THE PROBLEM: Give back exactly the lines of the material below that start at the line containing "high_mask : (j" and end at the line containing "mask-eq j k a", and no others.

Start of DATA PROVIDED

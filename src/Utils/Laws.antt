-- ===== src/Utils/Laws.antt =====
-- What the alignment masks and the four-character codes mean as arithmetic.
use native.Mathlib.Nat.{
  pow-suc, one-le-pow, div-lt_iff_lt-mul, mul-mod_left, div-mul-le_self, lt-div-mul-add,
  mod-eq_of_lt,
}
use fuse_nx.Prelude.{
  ℕ, zero, suc, ◌+◌, ◌-◌, ◌*◌, ◌/◌, ◌%◌, ◌^◌, ◌≤◌, ◌<◌, ◌≡◌, refl, ap, ◌∙◌, ◌↔◌, arith, bit_and,
  bit_or, List, [], ◌∷◌, false, length, replicate,
}
use fuse_nx.Prelude.Bytes.{le}
use fuse_nx.Prelude.Words.{bit_not, bit_and_ones, bit_and_shifted, bit_or_fields}
use fuse_nx.Utils.{align_down, align_up, four_cc, is_nonzero}

two-pow-add : (j k : ℕ) → 2 ^ (j + k) ≡ 2 ^ j * 2 ^ k
two-pow-add zero k = ap (λ (t : ℕ). 2 ^ t) {y = k} (omega arith) ∙ omega arith
two-pow-add (suc j) k =
    ap (λ (t : ℕ). 2 ^ t) {y = suc (j + k)} (omega arith)
    ∙ omega (
      arith,
      pow-suc 2 (j + k),
      pow-suc 2 j,
      two-pow-add j k,
      ap (λ (t : ℕ). t * 2 ^ k) (pow-suc 2 j),
    )

pred-mul : (a b : ℕ) → 1 ≤ a → (a - 1) * b + b ≡ a * b
pred-mul zero b h = absurd (omega arith)
pred-mul (suc a) b h = ap (λ (t : ℕ). t * b + b) {x = suc a - 1} {y = a} (omega arith) ∙ omega arith

high_mask : (j k : ℕ) → bit_not (j + k) (2 ^ k - 1) ≡ (2 ^ j - 1) * 2 ^ k
high_mask j k = omega (
  arith,
  two-pow-add j k,
  one-le-pow k 2,
  one-le-pow j 2,
  pred-mul (2 ^ j) (2 ^ k) (one-le-pow j 2 (omega arith)),
)

mask-eq :
    (j k a : ℕ) → a < 2 ^ (j + k) → bit_and a (bit_not (j + k) (2 ^ k - 1)) ≡ a / 2 ^ k * 2 ^ k
mask-eq j k a h =
    rw (high_mask j k, bit_and_shifted k a (2 ^ j - 1))
      (ap (λ (t : ℕ). t * 2 ^ k)
        (bit_and_ones j (a / 2 ^ k)
          ((div-lt_iff_lt-mul (one-le-pow k 2 (omega arith))).1 (rw (← two-pow-add j k) h))))

pub align_down-eq :
    (j k val : ℕ) → val < 2 ^ (j + k) → align_down (j + k) val (2 ^ k) ≡ val / 2 ^ k * 2 ^ k
unfolding align_down
align_down-eq j k val h = mask-eq j k val h

-- With a power of two and no wrap, `align_down` is the greatest multiple not above the value.
align_down_floor :
    (j k val : ℕ)
    → val < 2 ^ (j + k)
    → (align_down (j + k) val (2 ^ k) % 2 ^ k ≡ 0)
      × (align_down (j + k) val (2 ^ k) ≤ val)
      × (val < align_down (j + k) val (2 ^ k) + 2 ^ k)
align_down_floor j k val h = rw (align_down-eq j k val h) (
  mul-mod_left (val / 2 ^ k) (2 ^ k),
  div-mul-le_self val (2 ^ k),
  lt-div-mul-add (one-le-pow k 2 (omega arith)),
)

pub align_up-eq :
    (j k val : ℕ)
    → val + 2 ^ k ≤ 2 ^ (j + k)
    → align_up (j + k) val (2 ^ k) ≡ (val + 2 ^ k - 1) / 2 ^ k * 2 ^ k
unfolding align_up
align_up-eq j k val h =
    let below : val + 2 ^ k - 1 < 2 ^ (j + k) = omega (arith, one-le-pow k 2) in
    rw (mod-eq_of_lt below) (mask-eq j k (val + 2 ^ k - 1) below)

-- With a power of two and no wrap, `align_up` is the least multiple not below the value.
align_up_ceiling :
    (j k val : ℕ)
    → val + 2 ^ k ≤ 2 ^ (j + k)
    → (align_up (j + k) val (2 ^ k) % 2 ^ k ≡ 0)
      × (val ≤ align_up (j + k) val (2 ^ k))
      × (align_up (j + k) val (2 ^ k) < val + 2 ^ k)
align_up_ceiling j k val h = rw (align_up-eq j k val h) (
  mul-mod_left ((val + 2 ^ k - 1) / 2 ^ k) (2 ^ k),
  omega (arith, lt-div-mul-add {a = val + 2 ^ k - 1} pos),
  omega (arith, div-mul-le_self (val + 2 ^ k - 1) (2 ^ k), pos),
)
  where
    pos : 0 < 2 ^ k
    pos = one-le-pow k 2 (omega arith)

-- With a power of two and no wrap, `align_down` is the greatest multiple not above the value, and `align_up` the
-- least one not below it.
pub align_floor_ceiling :
    (j k val : ℕ)
    → val + 2 ^ k ≤ 2 ^ (j + k)
    → (align_down (j + k) val (2 ^ k) % 2 ^ k ≡ 0)
      × (align_down (j + k) val (2 ^ k) ≤ val)
      × (val < align_down (j + k) val (2 ^ k) + 2 ^ k)
      × (align_up (j + k) val (2 ^ k) % 2 ^ k ≡ 0)
      × (val ≤ align_up (j + k) val (2 ^ k))
      × (align_up (j + k) val (2 ^ k) < val + 2 ^ k)
align_floor_ceiling j k val h =
    let (down, below, near) = align_down_floor j k val (omega (arith, one-le-pow k 2)) in
    let (up, above, close) = align_up_ceiling j k val h in (down, below, near, up, above, close)

-- The code of four characters, each a byte, is the number that they are in memory.
pub four_cc-le :
    (a b c d : ℕ)
    → a < 256
    → b < 256
    → c < 256
    → d < 256
    → four_cc a b c d ≡ le (a ∷ b ∷ c ∷ d ∷ [])
unfolding four_cc
four_cc-le a b c d ha hb hc hd = rw (top, middle, low) (omega arith)
  where
    top : bit_or (d * 2 ^ 0x18) (c * 2 ^ 0x10) ≡ (d * 256 + c) * 2 ^ 0x10
    top = omega (arith, bit_or_fields 0x18 d (c * 2 ^ 0x10) (omega arith))

    middle : bit_or ((d * 256 + c) * 2 ^ 0x10) (b * 2 ^ 0x8) ≡ (d * 65536 + c * 256 + b) * 2 ^ 0x8
    middle = omega (arith, bit_or_fields 0x10 (d * 256 + c) (b * 2 ^ 0x8) (omega arith))

    low : bit_or ((d * 65536 + c * 256 + b) * 2 ^ 0x8) a ≡ (d * 65536 + c * 256 + b) * 256 + a
    low = bit_or_fields 0x8 (d * 65536 + c * 256 + b) a ha

-- `is_nonzero` fails exactly on arrays of zeros.
pub is_nonzero-replicate : (xs : List ℕ) → (is_nonzero xs ≡ false) ↔ (xs ≡ replicate (length xs) 0)
unfolding is_nonzero
is_nonzero-replicate [] = (λ h. refl, λ h. refl)
is_nonzero-replicate (x ∷ xs) =
    let ih = is_nonzero-replicate xs in (λ h. ground (arith, ih.0), λ h. ground (arith, ih.1))
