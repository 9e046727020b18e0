-- ===== src/Io/Aligned.antt =====
-- The block arithmetic of `CtrFile::read`, for a read within the file.
use fuse_nx.Prelude.{ℕ, ◌+◌, ◌-◌, ◌*◌, ◌/◌, ◌%◌, ◌^◌, ◌≤◌, ◌<◌, ◌≡◌, arith, ap, ◌∙◌, min}
use fuse_nx.Prelude.Words.{u64}
use fuse_nx.Utils.Laws.{align_down-eq, align_up-eq}
use fuse_nx.Io.{aligned_pos, pos_diff, aligned_size}

module _ (p fsize n : ℕ) (within : p + n ≤ fsize) (bound : fsize < 2 ^ 63) where
  pub aligned_pos-eq : aligned_pos p fsize ≡ p / 16 * 16
  unfolding aligned_pos
  aligned_pos-eq =
      align_down-eq 60 4 (min p fsize) (omega arith)
      ∙ ap (λ (t : ℕ). t / 16 * 16) {y = p} (omega arith)

  pub pos_diff-eq : pos_diff p fsize ≡ p % 16
  unfolding pos_diff
  pos_diff-eq = rw aligned_pos-eq (omega arith)

  pub aligned_size-eq : aligned_size p fsize n ≡ (n + p % 16 + 15) / 16 * 16
  unfolding aligned_size
  aligned_size-eq =
      rw (pos_diff-eq, aligned_pos-eq)
        (align_up-eq 60 4 (min (u64 (n + p % 16)) (fsize - p / 16 * 16)) (omega arith)
          ∙ ap (λ (t : ℕ). (t + 16 - 1) / 16 * 16) {y = n + p % 16} (omega arith)
          ∙ omega arith)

End of DATA PROVIDED

FINISHED TASK:
high_mask : (j k : ℕ) → bit_not (j + k) (2 ^ k - 1) ≡ (2 ^ j - 1) * 2 ^ k
high_mask j k = omega (
  arith,
  two-pow-add j k,
  one-le-pow k 2,
  one-le-pow j 2,
  pred-mul (2 ^ j) (2 ^ k) (one-le-pow j 2 (omega arith)),
)

mask-eq :
    (j k a : ℕ) → a < 2 ^ (j + k) → bit_and a (bit_not (j + k) (2 ^ k - 1)) ≡ a / 2 ^ k * 2 ^ k
mask-eq j k a h =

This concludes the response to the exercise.